# Solaris: wypukłą szybę



## zzjing

The following is from Lem's novel Solaris:

Podniósłszy oczy, zobaczyłem przez wypukłą szybę ściany studni i, wyżej, schyloną nad nią twarz Moddarda. Znikła zaraz i zapadła ciemność, bo z góry nałożono ciężki ochronny stożek.​
What does the "wypukłą szybę" refer to here? 

You probably need more context, which can be found in the first two paragraphs of the first chapter.


----------



## anthox

wypukła szyba = convex glass window.


----------



## Henares

I think it refers to the visor of a space helmet.


----------



## zzjing

Henares said:


> I think it refers to the visor of a space helmet.


That was my guess as well.

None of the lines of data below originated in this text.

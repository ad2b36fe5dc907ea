-- ===== src/Cost/Reserving.antt =====
-- The outcomes of `Service.Reserve` (internal/cost/cost.go): a hold, or a denial that leaves the
-- budgets as they were.
use dreamchat_image_platform.Common.{
  ℕ, String, ◌≡◌, ◌≢◌, refl, sym, ◌∙◌, ◌⊎◌, true, false, Option, none, some, List, ◌∷◌, ◌==◌, ◌!=◌,
  arith, eq_refl, Bool-cases, inl, inr, Option-cases, subst, all_of, ap,
}
use dreamchat_image_platform.Common.Tables.{find_row, find_row-update_row, Distinct}
use dreamchat_image_platform.Cost.{
  Period, FailureReason, no_price_entry, budget_exceeded, failed, reserved, Budget, Reservation,
  Result, ok, err, ◌>>=◌, Db,
}
use dreamchat_image_platform.Cost.Queries.{
  ReserveInput, Estimate, budget_key, hold_key, reservation_key, insert_cost_reservation,
  estimate_operation_cost, list_budgets_for_reservation, is_reserved, open_reservation,
  mark_reservation_budget_exceeded,
}
use dreamchat_image_platform.Cost.Reserve.{
  Outcome, select_budgets, hold_budgets, settle_savepoint, reserve_budgets, insert_failed,
  report_hold, reserve_priced, reserve,
}
use dreamchat_image_platform.Cost.Conservation.{IsConserved, IsValid}
use dreamchat_image_platform.Cost.Admission.{
  is_within, hold_budgets-IsValid, hold_budgets-within, hold_budgets-reservations,
  hold_budgets-jobs,
}

-- The budgets that the reservation must fit in.
abbrev pub enforced : ReserveInput → Db → List Budget
enforced i db = select_budgets (list_budgets_for_reservation db.budgets i)

-- Nothing is held, and the stored reservation is closed.
abbrev pub IsDenied : ReserveInput → String → Db → Outcome → Db → Type 0
IsDenied i id db out done =
    (out.reserved_amount ≡ 0)
    × (done.budgets ≡ db.budgets)
    × (done.holds ≡ db.holds)
    × (open_reservation i.job_id id done.reservations ≡ none)

abbrev pub open_row : ReserveInput → String → Estimate → Reservation
open_row i id est = record {
  id = id;
  generation_job_id = i.job_id;
  tenant_id = i.tenant_id;
  estimated_amount = est.estimated_amount;
  reserved_amount = est.estimated_amount;
  actual_amount = none;
  currency = est.currency;
  status = reserved;
  failure_reason = none;
}

-- The one new row of a reservation that is granted, which the outcome reports.
abbrev pub Opened : ReserveInput → String → Db → Outcome → Db → Type 0
Opened i id db out done =
    (est : Estimate) × (done.reservations ≡ open_row i id est ∷ db.reservations)
    × (find_row reservation_key id db.reservations ≡ none)
    × (out.id ≡ id)
    × (out.estimated_amount ≡ est.estimated_amount)

-- The amount is held against every enforced budget, and the stored reservation is open.
abbrev IsHeld : (Period → ℕ) → (ℕ → String) → ReserveInput → String → Db → Outcome → Db → Type 0
IsHeld window ids i id db out done =
    (rows : List Reservation) × (hold_budgets window ids id out.reserved_amount (enforced i db)
        (record db { reservations = rows })
      ≡ ok (some done))
    × (open_reservation i.job_id id done.reservations ≢ none)
    × Opened i id db out done

abbrev Outcomes : (Period → ℕ) → (ℕ → String) → ReserveInput → String → Db → Outcome → Db → Type 0
Outcomes window ids i id db out done =
    ((r : FailureReason) × (out.denied ≡ some r) × IsDenied i id db out done)
    ⊎ ((out.denied ≡ none) × IsHeld window ids i id db out done)

insert_cost_reservation-ok :
    (r : Reservation) (rows after : List Reservation)
    → insert_cost_reservation r rows ≡ ok after
    → after ≡ r ∷ rows
unfolding insert_cost_reservation
insert_cost_reservation-ok r rows after e =
    elim (Option-cases (find_row reservation_key r.id rows)) [
      | inl x ↦ ground arith
      | inr (old, x) ↦ cc
    ]

insert_cost_reservation-fresh :
    (r : Reservation) (rows after : List Reservation)
    → insert_cost_reservation r rows ≡ ok after
    → find_row reservation_key r.id rows ≡ none
unfolding insert_cost_reservation
insert_cost_reservation-fresh r rows after e =
    elim (Option-cases (find_row reservation_key r.id rows)) [ inl x ↦ x | inr (old, x) ↦ cc ]

>>=-ok {ℓ κ} :
    {A : Type ℓ} {B : Type κ} (m : Result A) (f : A → Result B) (b : B)
    → (m >>= f) ≡ ok b
    → (a : A) × (m ≡ ok a) × (f a ≡ ok b)
>>=-ok (ok a) f b h = (a, refl, h)
>>=-ok (err e) f b h = cc

ok_injective {ℓ} : {A : Type ℓ} (a b : A) → ok a ≡ ok b → a ≡ b
ok_injective a b h = cc

-- A closed row that was just stored is not open.
stored_closed :
    (job id : String) (r : Reservation) (rows : List Reservation)
    → r.id ≡ id
    → is_reserved r.status ≡ false
    → open_reservation job id (r ∷ rows) ≡ none
unfolding open_reservation find_row
stored_closed job id r rows e c = ground (arith, eq_refl id, ap (λ k. k == id) e)

pub stored_open :
    (job id : String) (r : Reservation) (rows : List Reservation)
    → r.id ≡ id
    → r.generation_job_id ≡ job
    → is_reserved r.status ≡ true
    → open_reservation job id (r ∷ rows) ≡ some r
unfolding open_reservation find_row
stored_open job id r rows e j o =
    ground (arith, eq_refl id, ap (λ k. k == id) e, eq_refl job, ap (λ k. k == job) j)

insert_failed-Outcomes :
    (window : Period → ℕ) (ids : ℕ → String) (i : ReserveInput) (id : String) (db done : Db)
    (out : Outcome)
    → insert_failed i id db ≡ ok (out, done)
    → Outcomes window ids i id db out done
unfolding insert_failed
insert_failed-Outcomes window ids i id db done out h =
    let (rows, stored, k) = >>=-ok _ _ (out, done) h in
    subst (λ p. Outcomes window ids i id db p.0 p.1) (ok_injective _ (out, done) k)
      (inl (
        no_price_entry,
        refl,
        (
          refl,
          refl,
          refl,
          rw (insert_cost_reservation-ok _ db.reservations rows stored)
              (stored_closed i.job_id id _ db.reservations refl refl),
        ),
      ))

marked_closed :
    (job id : String) (rows : List Reservation)
    → open_reservation job id (mark_reservation_budget_exceeded id rows) ≡ none
unfolding open_reservation mark_reservation_budget_exceeded
marked_closed job id rows = ground (
  arith,
  eq_refl id,
  find_row-update_row reservation_key id id
      (λ r. record r {
        status = failed;
        failure_reason = some budget_exceeded;
        reserved_amount = 0;
      })
      rows (λ r. refl),
)

reported : String → Estimate → Db → Option Db → Outcome × Db
unfolding report_hold
reported id est before o = report_hold id est (settle_savepoint before o)

reported-Outcomes :
    (window : Period → ℕ) (ids : ℕ → String) (i : ReserveInput) (id : String) (est : Estimate)
    (db : Db) (rows : List Reservation)
    → rows ≡ open_row i id est ∷ db.reservations
    → find_row reservation_key id db.reservations ≡ none
    → (o : Option Db)
    → hold_budgets window ids id est.estimated_amount
        (enforced i db)
        (record db { reservations = rows })
      ≡ ok o
    → (let p = reported id est (record db { reservations = rows }) o in
        Outcomes window ids i id db p.0 p.1)
unfolding reported report_hold
reported-Outcomes window ids i id est db rows stored fresh none loop =
    inl (budget_exceeded, refl, (refl, refl, refl, marked_closed i.job_id id rows))
reported-Outcomes window ids i id est db rows stored fresh (some held) loop = inr (
  refl,
  (
    rows,
    loop,
    λ shut.
        (let kept =
            ap (λ x. open_reservation i.job_id id x)
              (hold_budgets-reservations window ids id est.estimated_amount (enforced i db)
                  (record db { reservations = rows }) held loop
                ∙ stored) in
          let opened = stored_open i.job_id id (open_row i id est) db.reservations refl refl refl in
          cc),
    (
      est,
      hold_budgets-reservations window ids id est.estimated_amount (enforced i db)
            (record db { reservations = rows }) held loop
          ∙ stored,
      fresh,
      refl,
      refl,
    ),
  ),
)

reserve_priced-Outcomes :
    (window : Period → ℕ) (ids : ℕ → String) (i : ReserveInput) (id : String) (est : Estimate)
    (db done : Db) (out : Outcome)
    → reserve_priced window ids i id est db ≡ ok (out, done)
    → Outcomes window ids i id db out done
unfolding reserve_priced reserve_budgets reported
reserve_priced-Outcomes window ids i id est db done out h =
    let (rows, stored, k) = >>=-ok _ _ (out, done) h in
    let (held, hold, k') = >>=-ok _ _ (out, done) k in
    let (o, loop, k'') = >>=-ok _ _ held hold in
    subst (λ p. Outcomes window ids i id db p.0 p.1) (ok_injective _ (out, done) k')
      (subst (λ x. Outcomes window ids i id db (report_hold id est x).0 (report_hold id est x).1)
        (ok_injective _ held k'')
        (reported-Outcomes window ids i id est db rows
          (insert_cost_reservation-ok (open_row i id est) db.reservations rows stored)
          (insert_cost_reservation-fresh (open_row i id est) db.reservations rows stored) o loop))

pub reserve-Outcomes :
    (window : Period → ℕ) (ids : ℕ → String) (i : ReserveInput) (id : String) (db done : Db)
    (out : Outcome)
    → reserve window ids i id db ≡ ok (out, done)
    → Outcomes window ids i id db out done
unfolding reserve
reserve-Outcomes window ids i id db done out h =
    elim (Option-cases (estimate_operation_cost db.prices i)) [
      | inl e ↦ insert_failed-Outcomes window ids i id db done out (rw (e, reserve) at h)
      | inr (est, e) ↦ elim (Bool-cases (est.unit_type != "image")) [
        | inl u ↦ insert_failed-Outcomes window ids i id db done out (rw (e, reserve, u) at h)
        | inr u ↦ reserve_priced-Outcomes window ids i id est db done out (rw (e, reserve, u) at h)
      ]
    ]

-- Whatever the outcome of a reservation that commits, every budget's reserved amount stays the sum of
-- its open holds and the holds' ids stay distinct.
pub reserve-IsValid :
    (window : Period → ℕ) (ids : ℕ → String) (i : ReserveInput) (id : String) (db done : Db)
    (out : Outcome)
    → reserve window ids i id db ≡ ok (out, done)
    → IsValid db
    → IsValid done
reserve-IsValid window ids i id db done out h v =
    elim (reserve-Outcomes window ids i id db done out h) [
      | inl (r, _, (_, budgets, holds, _)) ↦ record {
        conserved =
            subst (λ bs. IsConserved bs done.holds) (sym budgets)
              (subst (λ hs. IsConserved db.budgets hs) (sym holds) v.conserved);
        distinct = subst (Distinct hold_key) (sym holds) v.distinct;
      }
      | inr (_, (rows, loop, _, _)) ↦
          hold_budgets-IsValid window ids id out.reserved_amount (enforced i db)
            (record db { reservations = rows }) done loop
            (record { conserved = v.conserved; distinct = v.distinct })
    ]

-- A reservation that is granted leaves each budget that it had to fit in paused, or with its reserved
-- and spent amounts within the limit, and its stored row is open.
pub reserve-within :
    (window : Period → ℕ) (ids : ℕ → String) (i : ReserveInput) (id : String) (db done : Db)
    (out : Outcome)
    → reserve window ids i id db ≡ ok (out, done)
    → out.denied ≡ none
    → (all_of (λ b. is_within (find_row budget_key b.id done.budgets)) (enforced i db) ≡ true)
      × (open_reservation i.job_id id done.reservations ≢ none)
reserve-within window ids i id db done out h granted =
    elim (reserve-Outcomes window ids i id db done out h) [
      | inl (r, denied, _) ↦ cc
      | inr (_, (rows, loop, opened, _)) ↦ (
        hold_budgets-within window ids id out.reserved_amount (enforced i db)
            (record db { reservations = rows }) done loop,
        opened,
      )
    ]

-- A reservation that is denied, for want of a price or of budget, holds nothing: the budgets, their
-- windows included, and the holds are as they were, and the stored row is not open.
pub reserve-IsDenied :
    (window : Period → ℕ) (ids : ℕ → String) (i : ReserveInput) (id : String) (db done : Db)
    (out : Outcome)
    → reserve window ids i id db ≡ ok (out, done)
    → out.denied ≢ none
    → IsDenied i id db out done
reserve-IsDenied window ids i id db done out h denied =
    elim (reserve-Outcomes window ids i id db done out h) [
      | inl (r, _, facts) ↦ facts
      | inr (granted, _) ↦ absurd (denied granted)
    ]

-- What a reservation that is granted has stored, and that it leaves the jobs.
pub reserve-Opened :
    (window : Period → ℕ) (ids : ℕ → String) (i : ReserveInput) (id : String) (db done : Db)
    (out : Outcome)
    → reserve window ids i id db ≡ ok (out, done)
    → out.denied ≡ none
    → Opened i id db out done × (done.jobs ≡ db.jobs)
reserve-Opened window ids i id db done out h granted =
    elim (reserve-Outcomes window ids i id db done out h) [
      | inl (r, denied, _) ↦ cc
      | inr (_, (rows, loop, _, opened)) ↦ (
        opened,
        hold_budgets-jobs window ids id out.reserved_amount (enforced i db)
            (record db { reservations = rows }) done loop,
      )
    ]
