-- ===== src/Jobs/Coherence.antt =====
-- Proofs about the statements on generation_jobs: what makes a row coherent, and that each statement
-- that finds its row changes it from a live or a failed one to a coherent one.
use dreamchat_image_platform.Common.{
  ℕ, String, Bool, true, false, ◌&&◌, ◌||◌, ◌==◌, Option, none, some, List, [], ◌∷◌, if◌then◌else◌,
  is_empty, ◌≡◌, refl, arith, eq_iff, Bool-cases, Option-cases, inl, inr, &&_split,
}
use dreamchat_image_platform.Common.Tables.{find_row, update_row}
use dreamchat_image_platform.Jobs.{
  JobStatus, queued, running, preview_ready, completed, failed, cancelled, GenerationJob, is_live,
  is_queued, is_running, is_completed, is_preview_ready, is_failed, is_cancelled,
}
use dreamchat_image_platform.Jobs.Queries.{
  job_key, update_job, lock_generation_job, mark_running, claim_preview_finalization,
  mark_completed, mark_preview_ready, set_cancelled, reset_for_retry, mark_failed,
  cancel_generation_job, retry_reset_generation_job,
}

abbrev pub is_unsuccessful : JobStatus → Bool
is_unsuccessful s = is_failed s || is_cancelled s

abbrev pub is_settled : JobStatus → Bool
is_settled s = is_completed s || is_cancelled s

abbrev is_some : Option String → Bool
is_some none = false
is_some (some s) = true

-- Final assets only on a completed job, a preview on every job that is ready to preview, and an error
-- code exactly on a job that failed or was cancelled.
abbrev pub IsCoherent : GenerationJob → Type 0
IsCoherent j =
    (is_completed j.status ≡ false → j.final_asset_ids ≡ [])
    × (is_preview_ready j.status ≡ true → is_empty j.preview_asset_ids ≡ false)
    × (is_some j.error_code ≡ is_unsuccessful j.status)

pub data Change (rows rows' : List GenerationJob) : Type 0 where
  same : rows' ≡ rows → Change rows rows'
  added :
      (j : GenerationJob)
      → find_row job_key j.id rows ≡ none
      → IsCoherent j
      → rows' ≡ j ∷ rows
      → Change rows rows'
  updated :
      (id : String) (j : GenerationJob) (set : GenerationJob → GenerationJob)
      → find_row job_key id rows ≡ some j
      → is_settled j.status ≡ false
      → ((i : GenerationJob) → (set i).id ≡ i.id)
      → ((i : GenerationJob) → (set i).tenant_id ≡ i.tenant_id)
      → (IsCoherent j → IsCoherent (set j))
      → rows' ≡ update_row job_key id set rows
      → Change rows rows'

-- The row that an UPDATE with RETURNING has found.
pub update_job-some :
    (guard : GenerationJob → Bool) (set : GenerationJob → GenerationJob) (id tenant : String)
    (rows rows' : List GenerationJob)
    → update_job guard set id tenant rows ≡ some rows'
    → (j : GenerationJob) × (find_row job_key id rows ≡ some j)
      × (j.tenant_id ≡ tenant)
      × (guard j ≡ true)
      × (rows' ≡ update_row job_key id set rows)
unfolding update_job
update_job-some guard set id tenant rows rows' h = elim (Option-cases (find_row job_key id rows)) [
  | inl e ↦ cc (rw (e, update_job) at h)
  | inr (j, e) ↦ elim (Bool-cases (j.tenant_id == tenant && guard j)) [
    | inl passes ↦
        let (t, g) = &&_split (j.tenant_id == tenant) (guard j) passes in
        (j, e, (eq_iff j.tenant_id tenant).0 t, g, cc (rw (e, update_job, passes) at h))
    | inr fails ↦ cc (rw (e, update_job, fails) at h)
  ]
]

update_job-Change :
    (guard : GenerationJob → Bool) (set : GenerationJob → GenerationJob) (id tenant : String)
    (rows rows' : List GenerationJob)
    → ((i : GenerationJob) → (set i).id ≡ i.id)
    → ((i : GenerationJob) → (set i).tenant_id ≡ i.tenant_id)
    → ((j : GenerationJob) → guard j ≡ true → is_settled j.status ≡ false)
    → ((j : GenerationJob) → guard j ≡ true → IsCoherent j → IsCoherent (set j))
    → update_job guard set id tenant rows ≡ some rows'
    → Change rows rows'
update_job-Change guard set id tenant rows rows' keeps keeps_tenant active coherent h =
    let (j, found, of_tenant, passed, e) = update_job-some guard set id tenant rows rows' h in
    updated id j set found (active j passed) keeps keeps_tenant (coherent j passed) e

-- Every row under the lock is unsettled, as the caller has read, and so is the row that is updated.
pub lock_generation_job-some :
    (id tenant : String) (status : JobStatus) (rows : List GenerationJob)
    → lock_generation_job id tenant rows ≡ some status
    → (j : GenerationJob) × (find_row job_key id rows ≡ some j) × (j.status ≡ status)
unfolding lock_generation_job
lock_generation_job-some id tenant status rows h = elim (Option-cases (find_row job_key id rows)) [
  | inl e ↦ cc (rw (e, lock_generation_job) at h)
  | inr (j, e) ↦ elim (Bool-cases (j.tenant_id == tenant)) [
    | inl passes ↦ (j, e, cc (rw (e, lock_generation_job, passes) at h))
    | inr fails ↦ cc (rw (e, lock_generation_job, fails) at h)
  ]
]

live_lem :
    (s : JobStatus)
    → is_live s ≡ true
    → (is_settled s ≡ false) × (is_completed s ≡ false) × (is_unsuccessful s ≡ false)
live_lem queued h = (refl, refl, refl)
live_lem running h = (refl, refl, refl)
live_lem preview_ready h = (refl, refl, refl)
live_lem completed h = cc
live_lem failed h = cc
live_lem cancelled h = cc

queued_live : (s : JobStatus) → is_queued s ≡ true → is_live s ≡ true
queued_live queued h = refl
queued_live running h = cc
queued_live preview_ready h = cc
queued_live completed h = cc
queued_live failed h = cc
queued_live cancelled h = cc

running_live : (s : JobStatus) → is_running s ≡ true → is_live s ≡ true
running_live queued h = cc
running_live running h = refl
running_live preview_ready h = cc
running_live completed h = cc
running_live failed h = cc
running_live cancelled h = cc

preview_ready_live : (s : JobStatus) → is_preview_ready s ≡ true → is_live s ≡ true
preview_ready_live queued h = cc
preview_ready_live running h = cc
preview_ready_live preview_ready h = refl
preview_ready_live completed h = cc
preview_ready_live failed h = cc
preview_ready_live cancelled h = cc

claimed_live :
    (s : JobStatus)
    → (is_preview_ready s || is_queued s) ≡ true
    → is_live (if is_queued s then running else s) ≡ true
claimed_live queued h = refl
claimed_live running h = cc
claimed_live preview_ready h = refl
claimed_live completed h = cc
claimed_live failed h = cc
claimed_live cancelled h = cc

-- A row that is still live has no final asset and no error.
live-IsCoherent :
    (j : GenerationJob)
    → is_live j.status ≡ true
    → IsCoherent j
    → (j.final_asset_ids ≡ []) × (is_some j.error_code ≡ false)
live-IsCoherent j h (finals, previews, errors) =
    let (settled, unfinished, no_error) = live_lem j.status h in
    (finals unfinished, rw no_error at errors)

update_live-Change :
    (guard : GenerationJob → Bool) (set : GenerationJob → GenerationJob) (id tenant : String)
    (rows rows' : List GenerationJob)
    → ((i : GenerationJob) → (set i).id ≡ i.id)
    → ((i : GenerationJob) → (set i).tenant_id ≡ i.tenant_id)
    → ((j : GenerationJob) → guard j ≡ true → is_live j.status ≡ true)
    → ((j : GenerationJob)
        → guard j ≡ true
        → j.final_asset_ids ≡ []
        → is_some j.error_code ≡ false
        → IsCoherent (set j))
    → update_job guard set id tenant rows ≡ some rows'
    → Change rows rows'
update_live-Change guard set id tenant rows rows' keeps keeps_tenant live coherent =
    update_job-Change guard set id tenant rows rows' keeps keeps_tenant
      (λ j g. (live_lem j.status (live j g)).0)
      (λ j g c. let (finals, errors) = live-IsCoherent j (live j g) c in coherent j g finals errors)

pub mark_running-Change :
    (id tenant : String) (reservation : Option String) (rows rows' : List GenerationJob)
    → mark_running id tenant reservation rows ≡ some rows'
    → Change rows rows'
unfolding mark_running
mark_running-Change id tenant reservation rows rows' =
    update_live-Change _ _ id tenant rows rows' (λ i. refl) (λ i. refl)
      (λ j g. queued_live j.status (&&_split (is_queued j.status) _ g).0)
      (λ j g finals errors. (λ _. finals, λ t. cc, errors))

pub mark_preview_ready-Change :
    (id tenant asset : String) (reservation : Option String) (rows rows' : List GenerationJob)
    → mark_preview_ready id tenant (asset ∷ []) reservation rows ≡ some rows'
    → Change rows rows'
unfolding mark_preview_ready
mark_preview_ready-Change id tenant asset reservation rows rows' =
    update_live-Change _ _ id tenant rows rows' (λ i. refl) (λ i. refl)
      (λ j g. running_live j.status (&&_split (is_running j.status) _ g).0)
      (λ j g finals errors. (λ _. finals, λ _. refl, errors))

pub mark_completed-Change :
    (id tenant : String) (finals : List String) (reservation : Option String)
    (rows rows' : List GenerationJob)
    → mark_completed id tenant finals reservation rows ≡ some rows'
    → Change rows rows'
unfolding mark_completed
mark_completed-Change id tenant finals reservation rows rows' =
    update_live-Change _ _ id tenant rows rows' (λ i. refl) (λ i. refl)
      (λ j g. ground (arith, running_live j.status, preview_ready_live j.status))
      (λ j g finals errors. (λ t. cc, λ t. cc, errors))

pub mark_failed-Change :
    (id tenant code message : String) (retryable : Bool) (reservation : Option String)
    (rows rows' : List GenerationJob)
    → mark_failed id tenant code message retryable reservation rows ≡ some rows'
    → Change rows rows'
unfolding mark_failed
mark_failed-Change id tenant code message retryable reservation rows rows' =
    update_live-Change _ _ id tenant rows rows' (λ i. refl) (λ i. refl)
      (λ j g. (&&_split (is_live j.status) _ g).0)
      (λ j g finals errors. (λ _. finals, λ t. cc, refl))

pub claim_preview_finalization-Change :
    (id tenant : String) (reservation : Option String) (rows rows' : List GenerationJob)
    → claim_preview_finalization id tenant reservation rows ≡ some rows'
    → Change rows rows'
unfolding claim_preview_finalization
claim_preview_finalization-Change id tenant reservation rows rows' =
    update_live-Change _ _ id tenant rows rows' (λ i. refl) (λ i. refl)
      (λ j g. ground (arith, queued_live j.status, preview_ready_live j.status))
      (λ j g finals errors.
        let (_, unfinished, no_error) =
          live_lem (if is_queued j.status then running else j.status)
            (claimed_live j.status (&&_split _ _ g).0) in
        (λ _. finals, λ _. ground arith, rw no_error errors))

pub cancel_generation_job-Change :
    (id tenant message : String) (status : JobStatus) (rows rows' : List GenerationJob)
    → lock_generation_job id tenant rows ≡ some status
    → is_live status ≡ true
    → cancel_generation_job id tenant message rows ≡ some rows'
    → Change rows rows'
unfolding cancel_generation_job
cancel_generation_job-Change id tenant message status rows rows' locked live h =
    let (j, found, e) = lock_generation_job-some id tenant status rows locked in
    let (_, _, _, _, changed) = update_job-some _ _ id tenant rows rows' h in
    let live' : is_live j.status ≡ true = rw e live in
    updated id j (set_cancelled message) found (live_lem j.status live').0 (λ i. refl) (λ i. refl)
      (λ c. (λ _. (live-IsCoherent j live' c).0, λ t. cc, refl)) changed

pub retry_reset_generation_job-Change :
    (id tenant reservation : String) (estimate : ℕ) (rows rows' : List GenerationJob)
    → lock_generation_job id tenant rows ≡ some failed
    → retry_reset_generation_job id tenant reservation estimate rows ≡ some rows'
    → Change rows rows'
unfolding retry_reset_generation_job
retry_reset_generation_job-Change id tenant reservation estimate rows rows' locked h =
    let (j, found, e) = lock_generation_job-some id tenant failed rows locked in
    let (_, _, _, _, changed) = update_job-some _ _ id tenant rows rows' h in
    updated id j (reset_for_retry reservation estimate) found (rw e refl) (λ i. refl) (λ i. refl)
      (λ c. (λ _. refl, λ t. cc, refl)) changed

Thanks for the confirmation.


----------



## Ben Jamin

Henares said:


> I think it refers to the visor of a space helmet.


No, observe: "przez wypukłą *szybę ściany studn*i"


----------



## anthox

Ben Jamin said:


> No, observe: "przez wypukłą *szybę ściany studn*i"



Is that how it reads? I think you are right, in that this describes a scene where the narrator is looking out the window of a space capsule before it is launched. But I thought it was "Zobaczyłem <przez wypukłą szybę> <ściany studni> i... <schyloną nad nią (tj. studnią) twarz Moddarda>"? ("I saw through the convex pane the walls of the shaft and, higher up, the face of Moddard leaning over it (i.e. the shaft)").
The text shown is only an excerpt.